IAEA has also played an important role in the research and promotion of PSA. PSA has been implemented for different reactor types, and the development and application of PSA technology have been systematically studied. IAEA has put forward requirements for the implementation of PSA auxiliary system design: PSA requirements are described in NS-R-1 [2]: “When Safety Analysis is carried out on unit design, both deterministic analysis method and probability analysis method shall be used. Then take this analysis as foundation to formulate and verify the design basis for safety important items.” After that, PSA was taken as part of the decision-making process in NS-G-1.2 [3], and the following requirements were put forward: PSA results should be taken as part of the design process to evaluate the safety level of the unit.

The key technology of Digital Control System in Nuclear Power Plant is the “nerve center”. It provides more advanced control and management methods and is an important equipment to ensure the safe and reliable operation of the nuclear power plant. From design to manufacture, the system needs to meet the requirements of reliability, security, system complexity, interface processing and other aspects, and integrates many technologies such as computer, communication, display and control. Traditionally, in the design stage, the reliability of the I&C system is only improved by improving the reliability of DCS equipment, such as the manufacturing level of process equipment, software and hardware identification level, Quality Assurance, etc. During the operation phase, the high reliability of the equipment is ensured through the periodic test. How to calculate and analyze the system reliability and periodic test interval on this foundation through quantitative evaluation method is somewhat different from the mainstream requirements in the world.

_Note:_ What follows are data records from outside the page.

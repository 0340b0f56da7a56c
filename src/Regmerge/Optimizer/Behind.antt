-- ===== src/Regmerge/Optimizer/Behind.antt =====
-- Which deletes stand behind an operation on a value, in a sorted group and in groups of one path.
use hivekit.Common.{List, [], ◌∷◌, ◌++◌, ◌≡◌, refl, sym, ap, ◌∙◌, subst, arith, All, true, false}
use hivekit.Common.Bytes.{Bytes}
use hivekit.Common.Sorting.{any, any-append, Sorted}
use hivekit.Format.Consts.{bytes_equal, bytes_equal-≡}
use hivekit.Regmerge.Ordering.{
  EditOp, set_value, delete_value, create_key, delete_key, unknown, get_op_path, op_less,
  op_priority,
}
use hivekit.Regmerge.Optimizer.Fate.{is_within, Target, is_target}
use hivekit.Regmerge.Optimizer.Ordered.{sets, deletes, SetsLast}

module _ (t : Target) where
  -- An operation on the value keeps the deletes behind it out of a sorted group.
  sets-behind :
      (op : EditOp) (ops : List EditOp)
      → sets t op ≡ true
      → All (λ y. op_less y op ≡ false) ops
      → any (deletes t) ops ≡ false
  unfolding sets deletes op_less op_priority
  sets-behind op [] s h = refl
  sets-behind op (o ∷ ops) s h = ground (arith, sets-behind op ops s h.1, not_behind op o s h.0)
    where
      not_behind : (op o : EditOp) → sets t op ≡ true → op_less o op ≡ false → deletes t o ≡ false
      not_behind (set_value path name type buffer) (delete_key p recursive) s h = ground arith
      not_behind (delete_value path name) (delete_key p recursive) s h = ground arith
      not_behind (create_key path) (delete_key p recursive) s h = ground arith
      not_behind (delete_key path r) (delete_key p recursive) s h = ground arith
      not_behind unknown (delete_key p recursive) s h = ground arith
      not_behind op (set_value path name type buffer) s h = refl
      not_behind op (delete_value path name) s h = refl
      not_behind op (create_key path) s h = refl
      not_behind op unknown s h = refl

  pub Sorted-SetsLast : (ops : List EditOp) → Sorted op_less ops → SetsLast t ops
  Sorted-SetsLast [] h = tt
  Sorted-SetsLast (op ∷ ops) h = (λ s. sets-behind op ops s h.0, Sorted-SetsLast ops h.1)

  pub SetsLast-append :
      (xs ys : List EditOp)
      → SetsLast t xs
      → SetsLast t ys
      → (any (sets t) xs ≡ true → any (deletes t) ys ≡ false)
      → SetsLast t (xs ++ ys)
  SetsLast-append [] ys h k c = k
  SetsLast-append (x ∷ xs) ys h k c = (
    λ s. ground (arith, any-append (deletes t) xs ys, h.0 s, c),
    SetsLast-append xs ys h.1 k (λ s. c (ground arith)),
  )

  -- The operations of a group speak of its path.
  abbrev Of : Bytes → EditOp → Type 0
  Of path op = bytes_equal path (get_op_path t.normalize op) ≡ true

  sets-home :
      (path : Bytes) (op : EditOp) → Of path op → sets t op ≡ true → bytes_equal path t.path ≡ true
  unfolding sets is_target get_op_path
  sets-home path (set_value p n type buffer) h s =
      subst (λ q. bytes_equal path q ≡ true) (bytes_equal-≡ (t.normalize p) t.path (ground arith)) h
  sets-home path (delete_value p n) h s =
      subst (λ q. bytes_equal path q ≡ true) (bytes_equal-≡ (t.normalize p) t.path (ground arith)) h
  sets-home path (create_key p) h s = cc
  sets-home path (delete_key p recursive) h s = cc
  sets-home path unknown h s = cc

  pub any-sets-home :
      (path : Bytes) (ops : List EditOp)
      → All (Of path) ops
      → any (sets t) ops ≡ true
      → bytes_equal path t.path ≡ true
  any-sets-home path [] h s = cc
  any-sets-home path (op ∷ ops) h s =
      ground (arith, sets-home path op h.0, any-sets-home path ops h.1)

  deletes-home :
      (path : Bytes) (op : EditOp)
      → Of path op
      → is_within path t.path ≡ false
      → deletes t op ≡ false
  unfolding deletes get_op_path
  deletes-home path (delete_key p recursive) h w =
      sym (ap (λ q. is_within q t.path) (bytes_equal-≡ path (t.normalize p) h)) ∙ w
  deletes-home path (set_value p n type buffer) h w = refl
  deletes-home path (delete_value p n) h w = refl
  deletes-home path (create_key p) h w = refl
  deletes-home path unknown h w = refl

  pub any-deletes-home :
      (path : Bytes) (ops : List EditOp)
      → All (Of path) ops
      → is_within path t.path ≡ false
      → any (deletes t) ops ≡ false
  any-deletes-home path [] h w = refl
  any-deletes-home path (op ∷ ops) h w =
      ground (arith, deletes-home path op h.0 w, any-deletes-home path ops h.1 w)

Based on this, this paper is oriented to engineering practice application. Through PSA method, the equipment reliability data and periodic test period are coordinated. Through quantitative reliability numerical calculation, the periodic test interval of safety I&C system is calculated, and the design scheme is improved or optimized to enhance the overall safety goal of Nuclear Power Plant. On this foundation, a set of Nuclear Power Plant digital I&C Periodic Test interval design method based on PSA technology is explored to meet the needs of subsequent engineering practice.

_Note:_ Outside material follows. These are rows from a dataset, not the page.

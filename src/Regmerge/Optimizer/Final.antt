-- ===== src/Regmerge/Optimizer/Final.antt =====
-- With both reductions on, the scan leaves at most one operation on a value, and no delete behind it.
use hivekit.Common.{
  List, [], ◌∷◌, ◌≡◌, refl, sym, ap, ap₂, ◌∙◌, subst, arith, Bool, true, false, ◌&&◌, ◌||◌, length,
  ◌==◌, if◌then◌else◌, if-both,
}
use hivekit.Common.Bytes.{Bytes}
use hivekit.Common.Sorting.{any}
use hivekit.Format.Consts.{bytes_equal, bytes_equal_self, bytes_equal-≡}
use hivekit.Regmerge.Paths.{is_deleted, is_under_deleted}
use hivekit.Regmerge.Paths.Ancestors.{ancestor_deleted, is_under_deleted-eq}
use hivekit.Regmerge.Ordering.{EditOp, set_value, delete_value, create_key, delete_key, unknown}
use hivekit.Regmerge.Optimizer.{
  OptimizerOptions, Stats, Scan, is_kept, keep, deduped, shadowed, scan_op, scan_ops,
}
use hivekit.Regmerge.Optimizer.Fate.{is_within, Target, is_target, decided}
use hivekit.Regmerge.Optimizer.Ordered.{sets, deletes, decided-or, SetsFinal}

-- The value of that path and exactly that name.
abbrev pub exactly : (Bytes → Bytes) → Bytes → Bytes → Target
exactly normalize path name = record {
  normalize = normalize;
  fold = λ n. n;
  path = path;
  name = name;
}

-- An operation that deletes the root.
unfoldable pub deletes_root : (Bytes → Bytes) → EditOp → Bool
deletes_root normalize (delete_key path recursive) = length (normalize path) == 0
deletes_root normalize _ = false

module _ (normalize : Bytes → Bytes) (path name : Bytes) where
  abbrev value : Target
  value = exactly normalize path name

  -- What the scan remembers of the value.
  pub record Remembers (s : Scan) : Type 0 where
    pub final : SetsFinal value s.result
    pub known : any (sets value) s.result ≡ true → is_kept path name s.kept ≡ true
    gone :
        any (deletes value) s.result ≡ true
        → is_deleted path s.deleted || ancestor_deleted path s.deleted ≡ true

  target-≡ : (p n : Bytes) → is_target value p n ≡ true → (p ≡ path) × (n ≡ name)
  unfolding is_target
  target-≡ p n h = (bytes_equal-≡ p path (ground arith), bytes_equal-≡ n name (ground arith))

  module _ (s : Scan) (inv : Remembers s) where
    undecided :
        (p n : Bytes)
        → is_target value p n ≡ true
        → is_kept p n s.kept ≡ false
        → is_under_deleted p s.deleted ≡ false
        → decided value s.result ≡ false
    undecided p n h k u =
        let e = target-≡ p n h in
        let k' : is_kept path name s.kept ≡ false =
          sym (ap₂ (λ q m. is_kept q m s.kept) e.0 e.1) ∙ k in
        let u' : is_under_deleted path s.deleted ≡ false =
          sym (ap (λ q. is_under_deleted q s.deleted) e.0) ∙ u in
        ground (
          arith,
          decided-or value s.result,
          inv.known,
          inv.gone,
          is_under_deleted-eq path s.deleted,
        )

    is_kept-target :
        (p n : Bytes) → is_target value p n ≡ true → is_kept path name ((p, n) ∷ s.kept) ≡ true
    unfolding is_kept
    is_kept-target p n h =
        let e = target-≡ p n h in
        subst (λ q. (bytes_equal path q && bytes_equal name n) || is_kept path name s.kept ≡ true)
          (sym e.0)
          (subst
            (λ m. (bytes_equal path path && bytes_equal name m) || is_kept path name s.kept ≡ true)
            (sym e.1) (ground (arith, bytes_equal_self path, bytes_equal_self name)))

    is_kept-later :
        (p n : Bytes) → is_kept path name s.kept ≡ true → is_kept path name ((p, n) ∷ s.kept) ≡ true
    unfolding is_kept
    is_kept-later p n h = ground arith

    keep-Remembers :
        (op : EditOp) (p n : Bytes)
        → deletes value op ≡ false
        → (sets value op ≡ true → is_target value p n ≡ true)
        → (sets value op ≡ true → decided value s.result ≡ false)
        → Remembers (keep op p n s)
    keep-Remembers op p n d h f = record {
      final = (f, inv.final);
      known = λ k. ground (arith, inv.known, h, is_kept-target p n, is_kept-later p n);
      gone = λ k. inv.gone (ground arith);
    }

module _ (normalize : Bytes → Bytes) (path name : Bytes) (opts : OptimizerOptions)
    (dedup : opts.enable_dedup ≡ true) (delete_opt : opts.enable_delete_opt ≡ true) where
  abbrev Good : Scan → Type 0
  Good s = Remembers normalize path name s

  module _ (s : Scan) (inv : Good s) where
    restated : (stats : Stats) → Good (record s { stats = stats })
    restated stats = record { final = inv.final; known = inv.known; gone = inv.gone }

    value-Remembers :
        (op : EditOp) (p n : Bytes) (stats : Stats)
        → sets (value normalize path name) op ≡ is_target (value normalize path name) p n
        → deletes (value normalize path name) op ≡ false
        → Good (
            if is_kept p n s.kept && opts.enable_dedup
            then record s { stats = stats }
            else if is_under_deleted p s.deleted && opts.enable_delete_opt
            then shadowed s
            else keep op p n s)
    value-Remembers op p n stats e d =
        if-both Good (is_kept p n s.kept && opts.enable_dedup) (λ h. restated stats)
          (λ new.
            if-both Good (is_under_deleted p s.deleted && opts.enable_delete_opt)
              (λ h. restated (shadowed s).stats)
              (λ free.
                keep-Remembers normalize path name s inv op p n d (λ h. sym e ∙ h)
                  (λ h.
                    undecided normalize path name s inv p n (sym e ∙ h) (ground arith)
                      (ground arith))))

    create_key-Remembers : (p : Bytes) → Good (scan_op normalize opts (create_key p) s)
    unfolding scan_op sets deletes
    create_key-Remembers p =
        if-both Good (is_under_deleted (normalize p) s.deleted && opts.enable_delete_opt)
          (λ h. restated (shadowed s).stats)
          (λ free.
            if-both Good (is_kept (normalize p) [] s.kept && opts.enable_dedup)
              (λ h. restated s.stats)
              (λ new.
                keep-Remembers normalize path name s inv (create_key p) (normalize p) [] refl
                  (λ h. cc) (λ h. cc)))

    within-found :
        (p : Bytes)
        → (length p == 0) ≡ false
        → is_within p path ≡ true
        → is_deleted path (p ∷ s.deleted) || ancestor_deleted path (p ∷ s.deleted) ≡ true
    unfolding is_within is_deleted ancestor_deleted
    within-found p h w = ground arith

    found-later :
        (p : Bytes)
        → is_deleted path s.deleted || ancestor_deleted path s.deleted ≡ true
        → is_deleted path (p ∷ s.deleted) || ancestor_deleted path (p ∷ s.deleted) ≡ true
    unfolding is_deleted ancestor_deleted
    found-later p h = ground arith

    delete_key-Remembers :
        (p : Bytes) (recursive : Bool)
        → (length (normalize p) == 0) ≡ false
        → Good (record s {
          deleted = normalize p ∷ s.deleted;
          result = delete_key p recursive ∷ s.result;
        })
    unfolding sets deletes
    delete_key-Remembers p recursive h = record {
      final = (λ e. cc, inv.final);
      known = inv.known;
      gone = λ k. ground (arith, inv.gone, within-found (normalize p) h, found-later (normalize p));
    }

    scan_op-Remembers :
        (op : EditOp) → deletes_root normalize op ≡ false → Good (scan_op normalize opts op s)
    unfolding scan_op sets deletes deletes_root
    scan_op-Remembers (set_value p n type buffer) h =
        value-Remembers (set_value p n type buffer) (normalize p) n (deduped s).stats refl refl
    scan_op-Remembers (delete_value p n) h =
        value-Remembers (delete_value p n) (normalize p) n s.stats refl refl
    scan_op-Remembers (create_key p) h = create_key-Remembers p
    scan_op-Remembers (delete_key p recursive) h = delete_key-Remembers p recursive h
    scan_op-Remembers unknown h = record {
      final = (λ e. cc, inv.final);
      known = inv.known;
      gone = inv.gone;
    }

  pub scan_ops-Remembers :
      (stats : Stats) (ops : List EditOp)
      → any (deletes_root normalize) ops ≡ false
      → Good (scan_ops normalize opts stats ops)
  unfolding scan_ops
  scan_ops-Remembers stats [] h = record { final = tt; known = λ k. cc; gone = λ k. cc }
  scan_ops-Remembers stats (op ∷ ops) h =
      scan_op-Remembers (scan_ops normalize opts stats ops)
        (scan_ops-Remembers stats ops (ground arith)) op (ground arith)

2 Overview of PSA Technology

According to the classification of research levels, PSA is usually divided into 3 levels. The purpose of the first-level PSA is to calculate the core damage probability (CDF). Core damage refers to “the Reactor core is exposed and heated to the extent that long-term cladding oxidation or serious fuel damage is expected to occur, and the core part involved is sufficient to cause large radioactive release”. The secondary PSA is based on the foundation of the analysis results of the primary PSA to study the accident process and Containment response after the core is damaged, and to evaluate the release amount and frequency of various radionuclides to the environment. Three-level PSA further studies the diffusion of radioactive substances in the environment and estimates its impact on public health and social environment [4].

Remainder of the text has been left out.